Dal giorno del mio arrivo a Londra sono stato incuriosito dallo spazio pubblicitario concesso nelle stazioni della metropolitana a Loserville, una rappresentazione inedita firmata dal giovanissimo musicista inglese James Bourne e dal compositore Elliot Davis.
Passiamo rapidamente alla storia, che le locandine presentano come un mix tra Grease, Glee e The Big Bang Theory, tutti paragoni molto impegnativi. Siamo all'inizio degli anni '70, nel classico liceo anglosassone, tra bulli, pupe e nerd con la passione per Star Trek e per i primi personal computer. Tutto nasce proprio da qui, dal desiderio di un ragazzo di cambiare il mondo, e di trasformarsi da secchione imbranato a celebrità. Il suo progetto è ambizioso: permettere a due computer di comunicare tra loro, ossia inviare la prima email della storia. Sulla sua strada non mancheranno difficoltà, amori e amicizie adolescenziali non sempre facili da gestire.
Questa in parole povere la trama messa in scena nel piccolo teatro Garrick, a due passi da Leicester Square. La scenografia è minimalista ma ben studiata, fatta di cambi di scena rapidissimi e sagome di cartone che simulano un mondo che vuole essere semplice e leggero come la gioventù dei protagonisti e di un passato non ancora appesantito dalle angosce odierne, in cui il più grande sogno di una ragazza può essere ancora diventare la prima astronauta donna.

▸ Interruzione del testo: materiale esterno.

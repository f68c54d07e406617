-- ===== src/Election/Coordinator/Calls.antt =====
-- The loop of apis/election/coordinator.go ends: how often it calls the store, and what it answers
-- when every write loses its race.
use datakit_operator.Common.{
  not, ◌&&◌, ◌||◌, ◌==◌, ℕ, zero, suc, ◌+◌, ◌≤◌, Option, none, some, String, ltb, arith, Bool-cases,
  inl, inr,
}
use datakit_operator.Election.Lease.{Lease, holder}
use datakit_operator.Election.Metrics.{is_campaign}
use datakit_operator.Election.Observation.{from_cache, from_store}
use datakit_operator.Election.Cluster.{Reply, found, failed, Cluster, is_not_found, is_lost_race}
use datakit_operator.Election.Coordinator.{
  Coordinator, Request, is_defeated, look, write, Attempt, after_write, proceed, after_get, attempt,
  attempts, after_cache, cached, elect,
}

-- A count of calls to the store, which a read raises by `a` at most and a write by `b` at most.
abbrev pub Counts : {W : Type 0} → Cluster W → (W → ℕ) → ℕ → ℕ → Type 0
Counts {W} env calls a b =
    ((name : String) (w : W) → calls (env.get name w).1 ≤ calls w + a)
    × ((l : Lease) (w : W) → calls (env.create l w).1 ≤ calls w + b)
    × ((l : Lease) (w : W) → calls (env.update l w).1 ≤ calls w + b)

-- What a loop costs that has so many attempts to write left.
abbrev cost : ℕ → ℕ → ℕ → ℕ
cost a b zero = a
cost a b (suc left) = a + (b + cost a b left)

module _ {W : Type 0} (env : Cluster W) (calls : W → ℕ) (a b : ℕ)
    (counts : Counts env calls a b) where
  write-calls :
      (q : Request) (lease : Option Lease) (c : Coordinator) (w : W)
      → calls (write env q lease c w).1 ≤ calls w + b
  unfolding write
  write-calls q none c w = counts.1 _ w
  write-calls q (some l) c w = counts.2 _ w

  after_write-calls :
      (retry : Attempt env) (q : Request) (lease : Option Lease) (c : Coordinator) (n : ℕ)
      (out : Reply × W)
      → ((c' : Coordinator) (w : W) → calls (retry c' w).2 ≤ calls w + n)
      → calls (after_write env retry q lease c out).2 ≤ calls out.1 + n
  unfolding after_write
  after_write-calls retry q lease c n (found u, w) h = omega arith
  after_write-calls retry q lease c n (failed e, w) h = elim (Bool-cases (is_lost_race e)) [
    | inl lost ↦ rw lost (h _ w)
    | inr other ↦ rw other (omega arith)
  ]

  -- An attempt with n more calls behind its retry makes a read and a write of its own.
  abbrev Within : Request → Option (Attempt env) → ℕ → Type 0
  Within q next n =
      (lease : Option Lease) (c : Coordinator) (w : W)
      → calls (proceed env next q lease c w).2 ≤ calls w + n

  attempt-calls :
      (next : Option (Attempt env)) (q : Request) (c : Coordinator) (n : ℕ) (out : Reply × W)
      → Within q next n
      → calls (attempt env next q c out).2 ≤ calls out.1 + n
  unfolding attempt after_get
  attempt-calls next q c n (found l, w) h =
      elim (Bool-cases (
        is_defeated q.operation (ltb 0 (look env (some l) from_store c w).1) (holder (some l))
          q.id)) [ inl beaten ↦ rw beaten (omega arith) | inr free ↦ rw free (h (some l) _ w) ]
  attempt-calls next q c n (failed e, w) h = elim (Bool-cases (is_not_found e)) [
    | inr other ↦ rw other (omega arith)
    | inl gone ↦
        rw gone
          (elim (Bool-cases
            (is_defeated q.operation (ltb 0 (look env none from_store c w).1) (holder none) q.id)) [
              | inl beaten ↦ rw beaten (omega arith)
              | inr free ↦ rw free (h none _ w)
            ])
  ]

  attempts-calls :
      (left : ℕ) (q : Request) (c : Coordinator) (w : W)
      → calls (attempts env left q c w).2 ≤ calls w + cost a b left
  unfolding attempts proceed
  attempts-calls zero q c w = omega (
    arith,
    attempt-calls none q c 0 (env.get q.name w) (λ lease c' w'. omega arith),
    counts.0 q.name w,
  )
  attempts-calls (suc left) q c w =
      let retry : (c' : Coordinator) (w' : W)
          → calls (attempts env left q c' w').2 ≤ calls w' + cost a b left =
        λ c' w'. omega (arith, attempts-calls left q c' w') in
      let later : Within q (some (attempts env left q)) (b + cost a b left) = λ lease c' w'. omega (
        arith,
        after_write-calls (attempts env left q) q lease c' (cost a b left) (write env q lease c' w')
            retry,
        write-calls q lease c' w',
      ) in
      omega (
        arith,
        attempt-calls (some (attempts env left q)) q c (b + cost a b left) (env.get q.name w) later,
        counts.0 q.name w,
      )

  after_cache-calls :
      (q : Request) (lease : Option Lease) (c : Coordinator) (w : W)
      → calls (after_cache env q lease c w).2 ≤ calls w + cost a b 5
  unfolding after_cache
  after_cache-calls q lease c w =
      let held =
        ltb 0 (look env lease from_cache c w).1
        && (is_campaign q.operation || not (holder lease == q.id)) in
      elim (Bool-cases held) [
        | inl beaten ↦ rw beaten (omega arith)
        | inr free ↦ rw free (omega (arith, attempts-calls 5 q (look env lease from_cache c w).0 w))
      ]

  cached-calls :
      (q : Request) (c : Coordinator) (w : W) (out : Reply)
      → calls (cached env q c w out).2 ≤ calls w + cost a b 5
  cached-calls q c w (found l) = after_cache-calls q (some l) c w
  cached-calls q c w (failed e) = elim (Bool-cases (is_not_found e)) [
    | inl gone ↦ rw gone (after_cache-calls q none c w)
    | inr other ↦ rw other (omega arith)
  ]

  elect-cost :
      (q : Request) (c : Coordinator) (w : W) → calls (elect env q c w).2 ≤ calls w + cost a b 5
  unfolding elect
  elect-cost q c w = elim (Bool-cases (env.cache_ready w)) [
    | inl ready ↦ rw ready (cached-calls q c w (env.cache_get q.name w))
    | inr waiting ↦ rw waiting (omega arith)
  ]

-- Given a count that a get of the store raises by at most one and a create or an update does not
-- raise, and a count that a create or an update raises by at most one and a get does not raise,
-- one elect raises the first by at most six and the second by at most five: it makes at most six
-- reads and five writes, however often the writes conflict.
pub elect-calls :
    {W : Type 0} (env : Cluster W) (reads writes : W → ℕ)
    → Counts env reads 1 0
    → Counts env writes 0 1
    → (q : Request) (c : Coordinator) (w : W)
    → (reads (elect env q c w).2 ≤ reads w + 6) × (writes (elect env q c w).2 ≤ writes w + 5)
elect-calls env reads writes reading writing q c w =
    (elect-cost env reads 1 0 reading q c w, elect-cost env writes 0 1 writing q c w)
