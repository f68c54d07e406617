-- ===== src/Election/Coordinator/History.antt =====
-- The versions that a store has held of one Lease, under the writes of any number of operators with the
-- coordinator of apis/election/coordinator.go. The store accepts an update only if it is based on the
-- version that is stored, so each version is made of the one before; and it stamps a new version.
use datakit_operator.Common.{
  ℕ, suc, ◌+◌, ◌<◌, ◌≤◌, ◌≡◌, refl, sym, ap, ◌∙◌, some, Bool, true, false, String, if◌then◌else◌,
  arith, if-cases,
}
use datakit_operator.Common.Int.{ℤ, pos, negsuc, int32, sucz}
use datakit_operator.Election.Lease.{Lease, holder, epoch, acquire_lease, renew_lease}
use datakit_operator.Election.Metrics.{Operation, success, is_campaign}
use datakit_operator.Election.Cluster.{Cluster}
use datakit_operator.Election.Coordinator.{Coordinator, Request, result, write}

-- What a request sends for the lease that it read.
abbrev pub sent : Request → Lease → ℕ → Lease
sent q l now = if is_campaign q.operation then acquire_lease l q.id now else renew_lease l now

pub write-sent :
    {W : Type 0} (env : Cluster W) (q : Request) (l : Lease) (c : Coordinator) (w : W)
    → write env q (some l) c w ≡ env.update (sent q l (env.now w)) w
unfolding write
write-sent env q l c w = refl

abbrev pub stamp : String → Lease → Lease
stamp version l = record l { resource_version = version }

abbrev pub count : Operation → ℕ → ℕ
count op n = if is_campaign op then suc n else n

-- The second version is the first one or a later one, with so many campaigns accepted between them.
pub data Later (a : Lease) : ℕ → Lease → Type 0 where
  same : Later a 0 a
  accepted :
      {n : ℕ} {b : Lease}
      → Later a n b
      → (q : Request) (now : ℕ) (version : String)
      → Later a (count q.operation n) (stamp version (sent q b now))

-- The epoch has grown by the campaigns, and without one the holder is the same.
abbrev Fenced : Lease → ℕ → ℕ → Lease → Type 0
Fenced a e n b = (epoch (some b) ≡ pos (e + n)) × (n ≡ 0 → holder (some b) ≡ holder (some a))

int32-sucz : (e : ℕ) → e < 2147483647 → int32 (sucz (pos e)) ≡ pos (e + 1)
int32-sucz e h = ground arith

step-Fenced :
    (a b : Lease) (e n now : ℕ) (q : Request) (version : String) (c : Bool)
    → is_campaign q.operation ≡ c
    → e + count q.operation n < 2147483648
    → Fenced a e n b
    → Fenced a e (count q.operation n) (stamp version (sent q b now))
unfolding epoch holder acquire_lease renew_lease
step-Fenced a b e n now q version true op small (grown, kept) = rw op (
  ap (λ z. int32 (sucz z)) grown
      ∙ int32-sucz (e + n) (omega (arith, rw op at small))
      ∙ ap pos (omega arith),
  λ none_there. absurd (omega (arith, none_there)),
)
step-Fenced a b e n now q version false op small (grown, kept) = rw op (grown, kept)

count-grows : (op : Operation) (n : ℕ) → n ≤ count op n
count-grows op n = if-cases (λ m. n ≤ m) (is_campaign op) (suc n) n (omega arith) (omega arith)

pub Later-Fenced :
    (a : Lease) (e n : ℕ) (b : Lease)
    → Later a n b
    → epoch (some a) ≡ pos e
    → e + n < 2147483648
    → Fenced a e n b
Later-Fenced a e _ _ same start small = (start ∙ ap pos (omega arith), λ n. refl)
Later-Fenced a e _ _ (accepted {n} {b} later q now version) start small =
    step-Fenced a b e n now q version (is_campaign q.operation) refl small
      (Later-Fenced a e n b later start (omega (arith, small, count-grows q.operation n)))

pos_inj : (m n : ℕ) → pos m ≡ pos n → m ≡ n
pos_inj m n h = ap magnitude h
  where
    magnitude : ℤ → ℕ
    magnitude (pos k) = k
    magnitude (negsuc k) = k

-- Let a store hold a lease with an epoch that is not negative, and later, after writes of any
-- number of campaigns and heartbeats that were each accepted over the version before, another
-- version of it, with the epoch small enough that the campaigns between them do not wrap it
-- around. Then two answers of success that show the two versions and give the same epoch name the
-- same incumbent: no epoch has two leaders.
pub epoch-names_holder :
    (a : Lease) (e n : ℕ) (b : Lease) (q r : Request)
    → Later a n b
    → epoch (some a) ≡ pos e
    → e + n < 2147483648
    → (result success q.namespace q.id (some a) true).epoch
      ≡ (result success r.namespace r.id (some b) true).epoch
    → (result success q.namespace q.id (some a) true).incumbency_id
      ≡ (result success r.namespace r.id (some b) true).incumbency_id
unfolding result
epoch-names_holder a e n b q r later start small equal =
    let (grown, kept) = Later-Fenced a e n b later start small in
    let none_there : e ≡ e + n = pos_inj e (e + n) (sym start ∙ equal ∙ grown) in
    sym (kept (omega (arith, none_there)))
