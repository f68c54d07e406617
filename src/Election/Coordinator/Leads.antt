-- ===== src/Election/Coordinator/Leads.antt =====
-- Whom a success of apis/election/coordinator.go names, and with which epoch.
use datakit_operator.Common.{
  ◌<◌, ◌≡◌, sym, ap, ◌∙◌, ◌⊎◌, inl, inr, Option, none, some, true, arith, if◌then◌else◌,
}
use datakit_operator.Common.Int.{ℤ, int32, sucz}
use datakit_operator.Election.Lease.{
  Lease, text_or_empty, int_or_zero, holder, epoch, new_lease, acquire_lease, renew_lease,
}
use datakit_operator.Election.Observation.{from_store, remaining}
use datakit_operator.Election.Metrics.{Operation, campaign, heartbeat, success, is_campaign}
use datakit_operator.Election.Cluster.{found, Cluster}
use datakit_operator.Election.Coordinator.{
  Result, replied, Coordinator, Request, result, look, write, elect,
}
use datakit_operator.Election.Coordinator.Backed.{IsBacked, elect-IsBacked, heartbeat-success}

-- The same holder and the same count of transitions.
abbrev pub SameTerm : Lease → Lease → Type 0
SameTerm u l = (u.holder_identity ≡ l.holder_identity) × (u.lease_transitions ≡ l.lease_transitions)

abbrev pub epoch_after : Operation → ℤ → ℤ
epoch_after op z = if is_campaign op then int32 (sucz z) else z

-- The store answers a write that it accepts with the holder and the transitions that it was sent.
module _ {W : Type 0} (env : Cluster W)
    (created : (l u : Lease) (w after : W) → env.create l w ≡ (found u, after) → SameTerm u l)
    (updated : (l u : Lease) (w after : W) → env.update l w ≡ (found u, after) → SameTerm u l) where
  -- What a lease names whose term is that of another.
  abbrev Names : Lease → Lease → Type 0
  Names u l = (holder (some u) ≡ holder (some l)) × (epoch (some u) ≡ epoch (some l))

  same-Names : (u l : Lease) → SameTerm u l → Names u l
  unfolding holder epoch
  same-Names u l (h, t) = (ap text_or_empty h, ap int_or_zero t)

  campaign-Names :
      (q : Request) (lease : Option Lease) (c : Coordinator) (w : W) (u : Lease) (after : W)
      → q.operation ≡ campaign
      → write env q lease c w ≡ (found u, after)
      → (holder (some u) ≡ q.id) × (epoch (some u) ≡ int32 (sucz (epoch lease)))
  unfolding write holder epoch
  campaign-Names q none c w u after op e =
      same-Names u (new_lease c.namespace q.name q.id (env.now w))
        (created (new_lease c.namespace q.name q.id (env.now w)) u w after e)
  campaign-Names q (some l) c w u after op e =
      same-Names u (acquire_lease l q.id (env.now w))
        (updated (acquire_lease l q.id (env.now w)) u w after (rw op at e))

  heartbeat-Names :
      (q : Request) (lease : Option Lease) (c : Coordinator) (w : W) (u : Lease) (after : W)
      → q.operation ≡ heartbeat
      → 0 < (look env lease from_store c w).1
      → write env q lease (look env lease from_store c w).0 w ≡ (found u, after)
      → (holder (some u) ≡ holder lease) × (epoch (some u) ≡ epoch lease)
  unfolding write look remaining holder epoch
  heartbeat-Names q none c w u after op left e = absurd (omega (arith, left))
  heartbeat-Names q (some l) c w u after op left e =
      same-Names u (renew_lease l (env.now w))
        (updated (renew_lease l (env.now w)) u w after (rw op at e))

  shown-Names :
      (q : Request) (u : Lease) (r : Result)
      → r ≡ result success q.namespace q.id (some u) true
      → (r.incumbency_id ≡ holder (some u)) × (r.epoch ≡ epoch (some u))
  unfolding result
  shown-Names q u r e = (ap Result.incumbency_id e, ap Result.epoch e)

  -- If the store answers each write that it accepts with the holder and the count of
  -- transitions that it was sent, then a campaign or a heartbeat that is answered with success
  -- is told that the sender is the leader, and its epoch: after a campaign the 32-bit successor
  -- of the epoch that the round of the accepted write had read from the store, where a missing
  -- lease counts as epoch 0, and after a heartbeat the epoch that was read.
  pub success-names_sender :
      (q : Request) (c : Coordinator) (w : W) (r : Result)
      → (q.operation ≡ campaign) ⊎ (q.operation ≡ heartbeat)
      → (elect env q c w).0 ≡ replied r
      → r.status ≡ success
      → (b : IsBacked env q c w r) × (r.incumbency_id ≡ q.id)
        × (r.epoch ≡ epoch_after q.operation (epoch b.lease))
  success-names_sender q c w r (inl op) eq st =
      let b = elect-IsBacked env q c w r eq st in
      let (name, number) = shown-Names q b.written r b.shown in
      let (names, counts) =
        campaign-Names q b.lease (look env b.lease from_store b.coordinator b.world).0 b.world
          b.written b.after op b.accepted in
      (b, name ∙ names, number ∙ counts ∙ sym (ap (λ o. epoch_after o (epoch b.lease)) op))
  success-names_sender q c w r (inr op) eq st =
      let (b, sender, left) = heartbeat-success env q c w r op eq st in
      let (name, number) = shown-Names q b.written r b.shown in
      let (names, counts) =
        heartbeat-Names q b.lease b.coordinator b.world b.written b.after op left b.accepted in
      (b, name ∙ names ∙ sender, number ∙ counts ∙ sym (ap (λ o. epoch_after o (epoch b.lease)) op))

Sicuramente il dinamismo e la freschezza degli attori sono le note più liete di questo musical, che non ha niente a che vedere con rappresentazioni maestose come il pluricelebrato Wicked, in cui la complessità della vicenda è seconda solo alla ricchezza di effetti speciali, coreografia e scenografia. Anche i temi musicali sono tutto sommato essenziali e ripetitivi, seppur gradevoli. La storia si sviluppa in modo prevedibile e senza colpi di scena dall'inizio alla fine, raccontando l'avventura del protagonista principale, di aiutanti e antagonisti, concedendo a ognuno il proprio spazio canoro, senza grandi picchi emozionali, né virtuosismi vocali. Meritano una citazione We are not alone e soprattutto Ticket Outta Loserville, che compaiono sul finire del primo atto, e non a caso vengono ripresi più volte come temi conduttori anche nella seconda parte, quando, come da tradizione, le cose si complicano, tutto sembra compromettersi per l'eroe, ma alla fine la situazione si risolve, e tutti possono gioire felici e festeggiare l'avvento di un mondo migliore.
Nessuno si aspettava il pathos del Fantasma dell'Opera o la drammaticità dei Miserabili, ma il cast, comunque bravo e preparato (alcuni di loro da queste parti sono molto conosciuti per avere preso parte a serie tv o altre produzioni locali) poteva essere messo maggiormente alla prova da una scaletta povera di mordente, troppo lineare, priva di momenti di discontinuità. Presentarlo come una sorta di nuovo Grease è non solo eccessivo ma addirittura oltraggioso. Ciò di cui davvero si sente la mancanza è un crescendo musicale all'altezza che segua lo sviluppo narrativo, pensate ad esempio, per continuare nel parallelo, all'esplosione di You're the One That I Want. Qui non c'è niente di tutto ciò, purtroppo l'evoluzione sonora è prevedibile quanto la vicenda, e non c'è neanche un tema conclusivo inedito, bensì l'ennesima reprise di Ticket Outta Loserville.
In generale il prodotto non è noioso, è piacevole e spensierato, le due ore scorrono e non vi ritroverete spesso a guardare l'orologio, ma dubito che qualche brano passerà alla storia o che Loserville resterà in scena per anni. Se avete voglia di un momento di svago, lieve come una commedia americana una sera d'estate, allora mettetevi pure in coda, se, al contrario, cercate un nuovo classico, o volete vedere che cosa è in grado di offrire la produzione artistica del West End londinese, è meglio che frequentiate altre platee.